1 livre récent : le Rapport de Broddeck, de Philippe Claudel. J'aurais pu en mettre un autre de Claudel, à la rigueur, l'important étant de lire Claudel, mais le Rapport de Broddeck, par sa profondeur, sa simplicité, sa construction hallucinante (on se demande comment un cerveau humain peut construire un ensemble aussi bordélique tout en faisant en sorte que ce soit hyper cohérent) sort du lot, selon moi.
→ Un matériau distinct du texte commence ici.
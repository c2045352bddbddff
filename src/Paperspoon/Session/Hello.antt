-- ===== src/Paperspoon/Session/Hello.antt =====
-- FrameSender::send_for_hello: whether the frame that it sends shows the application.
use rust_x11_hello.Prelude.{
  ℕ, ◌≡◌, ◌⊎◌, inl, inr, refl, arith, List, Bool, true, false, ◌&&◌, not, is_some, Option, none,
  some, Result, ok, err, if◌then◌else◌,
}
use rust_x11_hello.Protocol.Frame.{PixelFormat, mono1, gray8, Mono1Frame, mono1_frame, gray8_frame}
use rust_x11_hello.Protocol.Payload.{V2PixelFormats, supports}
use rust_x11_hello.Paperspoon.Sender.{
  Diagnostics, AuthoritativeFrame, application, diagnostic, jpeg, now_playing, FrameSender,
  SentFrame, no_connection, SendError, Sending, and_then, same_size, application_viewport_of,
  send_locked, encode_frame, encode_diagnostic, frame_dimensions, frame_format,
}
use rust_x11_hello.Paperspoon.Server.{FrameTarget}
use rust_x11_hello.Paperspoon.Sender.Sends.{
  application_sent, send_candidate, send_application_locked, unsuppressed, retained_frame,
  hello_frame_of, send_hello_frame,
}
use rust_x11_hello.Paperspoon.Sender.Numbered.{Outcome, send_locked-Outcome}

module _ (diagnostics : Diagnostics) where
  abbrev D : Type 0
  D = diagnostics.DiagnosticFrame

  -- What is sent says whether it shows the application, and in which viewport.
  abbrev pub Tells : AuthoritativeFrame D → Sending D (Option SentFrame) → Type 0
  Tells frame (ok (some sent), s) =
      sent.application_viewport ≡ application_viewport_of diagnostics frame
  Tells frame (ok none, s) = Unit {0}
  Tells frame (err e, s) = Unit {0}

  Outcome-Tells :
      (s : FrameSender D) (encode : ℕ → Result SendError (List ℕ)) (frame : AuthoritativeFrame D)
      (r : Sending D (Option SentFrame))
      → Outcome diagnostics s encode frame r
      → Tells frame r
  Outcome-Tells s encode frame (ok (some sent), next) o = o.viewport
  Outcome-Tells s encode frame (ok none, next) o = tt
  Outcome-Tells s encode frame (err e, next) o = tt

  send_locked-Tells :
      (writes : ℕ → Bool) (s : FrameSender D) (format : PixelFormat) (target : Option FrameTarget)
      (encode : ℕ → Result SendError (List ℕ)) (frame : AuthoritativeFrame D)
      → Tells frame (send_locked diagnostics writes s format target encode frame)
  send_locked-Tells writes s format target encode frame =
      Outcome-Tells s encode frame (send_locked diagnostics writes s format target encode frame)
        (send_locked-Outcome diagnostics writes s format target encode frame)

  unsuppressed_sent :
      (frame : AuthoritativeFrame D) (candidate : Mono1Frame) (r : Sending D (Option SentFrame))
      → Tells frame r
      → Tells frame (
          and_then (and_then r (application_sent diagnostics candidate)) (unsuppressed diagnostics))
  unfolding and_then application_sent unsuppressed
  unsuppressed_sent frame candidate (ok (some sent), s) t = t
  unsuppressed_sent frame candidate (ok none, s) t = tt
  unsuppressed_sent frame candidate (err e, s) t = tt

  send_candidate-Tells :
      (writes : ℕ → Bool) (s : FrameSender D) (viewport : ℕ × ℕ)
      (candidate : Result SendError Mono1Frame)
      → Tells (application viewport) (
          and_then
            (send_candidate diagnostics writes s viewport false candidate)
            (unsuppressed diagnostics))
  unfolding send_candidate and_then unsuppressed
  send_candidate-Tells writes s viewport (err e) = tt
  send_candidate-Tells writes s viewport (ok candidate) =
      elim (is_some s.server.active)
        as (λ b. Tells (application viewport) (
          and_then
            (if not b
              then (ok no_connection, s)
              else and_then
                  (send_locked diagnostics writes s mono1 none
                    (encode_frame (mono1_frame candidate)) (application viewport))
                  (application_sent diagnostics candidate))
            (unsuppressed diagnostics))) [
              | false ↦ tt
              | true ↦
                  unsuppressed_sent (application viewport) candidate
                    (send_locked diagnostics writes s mono1 none
                      (encode_frame (mono1_frame candidate)) (application viewport))
                    (send_locked-Tells writes s mono1 none (encode_frame (mono1_frame candidate))
                      (application viewport))
            ]

  pub send_hello_frame-Tells :
      (writes : ℕ → Bool) (s : FrameSender D) (render : ℕ → ℕ → Result SendError Mono1Frame)
      (frame : AuthoritativeFrame D)
      → Tells frame (send_hello_frame diagnostics writes s render frame)
  unfolding send_hello_frame send_application_locked
  send_hello_frame-Tells writes s render (application viewport) =
      send_candidate-Tells writes s viewport (render viewport.0 viewport.1)
  send_hello_frame-Tells writes s render (diagnostic d) =
      send_locked-Tells writes s (diagnostics.pixel_format d) none (encode_diagnostic diagnostics d)
        (diagnostic d)
  send_hello_frame-Tells writes s render (jpeg f) =
      send_locked-Tells writes s gray8 none (encode_frame (gray8_frame f)) (jpeg f)
  send_hello_frame-Tells writes s render (now_playing f) =
      send_locked-Tells writes s gray8 none (encode_frame (gray8_frame f)) (now_playing f)

  -- The frame shows the application in this viewport, or something else.
  abbrev pub ShowsAt : ℕ × ℕ → AuthoritativeFrame D → Type 0
  ShowsAt viewport frame =
      (application_viewport_of diagnostics frame ≡ none)
      ⊎ (application_viewport_of diagnostics frame ≡ some viewport)

  hello_kept :
      (b : Bool) (frame : AuthoritativeFrame D) (viewport : ℕ × ℕ)
      → (b ≡ true → ShowsAt viewport frame)
      → ShowsAt viewport (hello_frame_of diagnostics (if b then some frame else none) viewport)
  unfolding hello_frame_of application_viewport_of
  hello_kept true frame viewport shows = shows refl
  hello_kept false frame viewport shows = inr refl

  same_viewport :
      (v viewport : ℕ × ℕ) (b : Bool) → (same_size v viewport && b) ≡ true → some v ≡ some viewport
  same_viewport v viewport b e = ground (arith, e)

  pub hello_frame-ShowsAt :
      (retained : Option (AuthoritativeFrame D)) (viewport : ℕ × ℕ) (formats : V2PixelFormats)
      → ShowsAt viewport (
          hello_frame_of diagnostics
            (retained_frame diagnostics retained viewport formats)
            viewport)
  unfolding retained_frame hello_frame_of application_viewport_of frame_dimensions
  hello_frame-ShowsAt none viewport formats = inr refl
  hello_frame-ShowsAt (some frame) viewport formats =
      hello_kept
        (same_size (frame_dimensions diagnostics frame) viewport
          && supports formats (frame_format diagnostics frame))
        frame viewport (shows frame)
    where
      shows :
          (frame : AuthoritativeFrame D)
          → (same_size (frame_dimensions diagnostics frame) viewport
              && supports formats (frame_format diagnostics frame))
            ≡ true
          → ShowsAt viewport frame
      shows (application v) e =
          inr (
            same_viewport v viewport (supports formats (frame_format diagnostics (application v)))
              e)
      shows (diagnostic d) e = inl refl
      shows (jpeg f) e = inl refl
      shows (now_playing f) e = inl refl
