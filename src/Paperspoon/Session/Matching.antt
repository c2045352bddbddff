-- ===== src/Paperspoon/Session/Matching.antt =====
-- The input of a connection takes pointers only on an application frame of the reported viewport.
use mathlib.Core.Path.{subst}
use rust_x11_hello.Prelude.{
  ℕ, ◌≡◌, ◌∙◌, ◌⊎◌, inl, inr, refl, sym, arith, List, [], ◌∷◌, Bool, is_some, Option, none, some,
  Result, ok, err,
}
use rust_x11_hello.Protocol.Frame.{Mono1Frame}
use rust_x11_hello.Protocol.Payload.{V2Hello, V2Pointer}
use rust_x11_hello.Paperspoon.Inbound.{SessionMessage}
use rust_x11_hello.Paperspoon.Application.{ApplicationUi}
use rust_x11_hello.Paperspoon.Application.Input.{nonempty, set_input_viewport, handle_input_pointer}
use rust_x11_hello.Paperspoon.Application.Input.Presses.{handle_in_viewport}
use rust_x11_hello.Paperspoon.Sender.{
  Diagnostics, AuthoritativeFrame, FrameSender, SentFrame, SendError, Sending, and_then,
}
use rust_x11_hello.Paperspoon.Server.{update_viewport_if_current}
use rust_x11_hello.Paperspoon.Sender.Sends.{
  send_application_for_viewport_change, retained_frame, hello_frame_of, send_hello_frame,
  send_for_hello,
}
use mathlib.Core.Option
use rust_x11_hello.Paperspoon.Session.Hello.{
  Tells, ShowsAt, send_hello_frame-Tells, hello_frame-ShowsAt,
}
use rust_x11_hello.Paperspoon.Session.{
  matching_application_viewport, Shown, new_shown, show_viewport, Session, note_viewports,
  handle_session_pointer, replaced_application, replace_application_frame, replaced_hello,
  replace_hello_frame, open_session, change_session_viewport, handle_session_message,
}

-- The viewport of the input is the rendered one, when that is the reported one.
abbrev pub IsMatching : ℕ × ℕ → Shown → Type 0
IsMatching reported shown =
    shown.input.viewport ≡ nonempty (matching_application_viewport reported shown.rendered)

matching_same : (v : ℕ × ℕ) → matching_application_viewport v (some v) ≡ some v
unfolding matching_application_viewport
matching_same v = ground arith

show-IsMatching :
    (reported : ℕ × ℕ) (shown : Shown) (v : Option (ℕ × ℕ))
    → (v ≡ none) ⊎ (v ≡ some reported)
    → IsMatching reported (show_viewport shown v)
unfolding show_viewport set_input_viewport matching_application_viewport
show-IsMatching reported shown v (inl e) = rw e refl
show-IsMatching reported shown v (inr e) = rw (e, matching_same reported) refl

pub note-IsMatching :
    (reported : ℕ × ℕ) (shown : Shown) (viewports : List (Option (ℕ × ℕ)))
    → IsMatching reported shown
    → IsMatching reported (note_viewports reported shown viewports)
unfolding note_viewports set_input_viewport
note-IsMatching reported shown [] m = m
note-IsMatching reported shown (viewport ∷ viewports) m = refl

pointer-IsMatching :
    (ui : ApplicationUi) (s : Session) (viewports : List (Option (ℕ × ℕ))) (p : V2Pointer)
    → IsMatching s.reported s.shown
    → IsMatching s.reported (handle_session_pointer ui s viewports p).1.shown
unfolding handle_session_pointer handle_input_pointer
pointer-IsMatching ui s viewports p m =
    let shown = note_viewports s.reported s.shown viewports in
    handle_in_viewport ui shown.input p shown.input.viewport
    ∙ note-IsMatching s.reported s.shown viewports m

module _ (diagnostics : Diagnostics) where
  abbrev D : Type 0
  D = diagnostics.DiagnosticFrame

  hello-IsMatching :
      (shown : Shown) (viewport : ℕ × ℕ) (retained : Bool) (frame : AuthoritativeFrame D)
      (r : Sending D (Option SentFrame))
      → ShowsAt diagnostics viewport frame
      → Tells diagnostics frame r
      → IsMatching viewport
          (replaced_hello diagnostics (show_viewport shown none) (
            and_then r λ sent next. (
              ok (
                  Option.map
                    (λ f. record { sent_frame = f; retained = retained; frame = frame })
                    sent),
              next,
            ))).1
  unfolding replaced_hello and_then
  hello-IsMatching shown viewport retained frame (ok (some sent), s) shows t =
      show-IsMatching viewport (show_viewport shown none) sent.application_viewport
        (subst (λ v. (v ≡ none) ⊎ (v ≡ some viewport)) (sym t) shows)
  hello-IsMatching shown viewport retained frame (ok none, s) shows t =
      show-IsMatching viewport shown none (inl refl)
  hello-IsMatching shown viewport retained frame (err e, s) shows t =
      show-IsMatching viewport shown none (inl refl)

  replaced-IsMatching :
      (shown : Shown) (viewport : ℕ × ℕ) (r : Sending D (Option SentFrame))
      → IsMatching viewport
          (replaced_application diagnostics (show_viewport shown none) viewport r).1
  unfolding replaced_application
  replaced-IsMatching shown viewport (ok (some sent), s) =
      show-IsMatching viewport (show_viewport shown none) (some viewport) (inr refl)
  replaced-IsMatching shown viewport (ok none, s) = show-IsMatching viewport shown none (inl refl)
  replaced-IsMatching shown viewport (err e, s) = show-IsMatching viewport shown none (inl refl)

  pub open-IsMatching :
      (writes : ℕ → Bool) (s : FrameSender D) (render : ℕ → ℕ → Result SendError Mono1Frame)
      (token : ℕ) (hello : V2Hello)
      → IsMatching
          (open_session diagnostics writes s render token hello).1.reported
          (open_session diagnostics writes s render token hello).1.shown
  unfolding open_session replace_hello_frame send_for_hello
  open-IsMatching writes s render token hello =
      let viewport : ℕ × ℕ = (hello.viewport_width, hello.viewport_height) in
      let retained = retained_frame diagnostics s.authoritative viewport hello.pixel_formats in
      let frame = hello_frame_of diagnostics retained viewport in
      hello-IsMatching new_shown viewport (is_some retained) frame
        (send_hello_frame diagnostics writes s render frame)
        (hello_frame-ShowsAt diagnostics s.authoritative viewport hello.pixel_formats)
        (send_hello_frame-Tells diagnostics writes s render frame)

  change-IsMatching :
      (writes : ℕ → Bool) (s : FrameSender D) (render : ℕ → ℕ → Result SendError Mono1Frame)
      (session : Session) (viewport : ℕ × ℕ)
      → IsMatching
          (change_session_viewport diagnostics writes s render session viewport).1.reported
          (change_session_viewport diagnostics writes s render session viewport).1.shown
  unfolding change_session_viewport replace_application_frame
  change-IsMatching writes s render session viewport =
      let server = (update_viewport_if_current s.server session.token viewport).1 in
      replaced-IsMatching session.shown viewport (
        send_application_for_viewport_change diagnostics writes (record s { server = server })
          render viewport)

  pub message-IsMatching :
      (ui : ApplicationUi) (writes : ℕ → Bool) (s : FrameSender D)
      (render : ℕ → ℕ → Result SendError Mono1Frame) (session : Session)
      (viewports : List (Option (ℕ × ℕ))) (m : SessionMessage)
      → IsMatching session.reported session.shown
      → IsMatching
          (handle_session_message diagnostics ui writes s render session viewports m).1.1.reported
          (handle_session_message diagnostics ui writes s render session viewports m).1.1.shown
  unfolding handle_session_message handle_session_pointer
  message-IsMatching ui writes s render session viewports (SessionMessage.viewport_changed v) is =
      change-IsMatching writes s render session (v.width, v.height)
  message-IsMatching ui writes s render session viewports (SessionMessage.pointer p) is =
      pointer-IsMatching ui session viewports p is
Un livre qui traite de manière générale nos rapports avec l'autre.

1 livre de SFF : la Horde du Contrevent, d'Alain Damasio, ni fantasy, ni science-fiction, une vraie merveille pour ceux qui aiment la littérature de l'imaginaire. La Horde du Contrevent est mon livre du genre préféré, une vraie merveille. (Tolkien est hors-catégorie, bien sûr ;)).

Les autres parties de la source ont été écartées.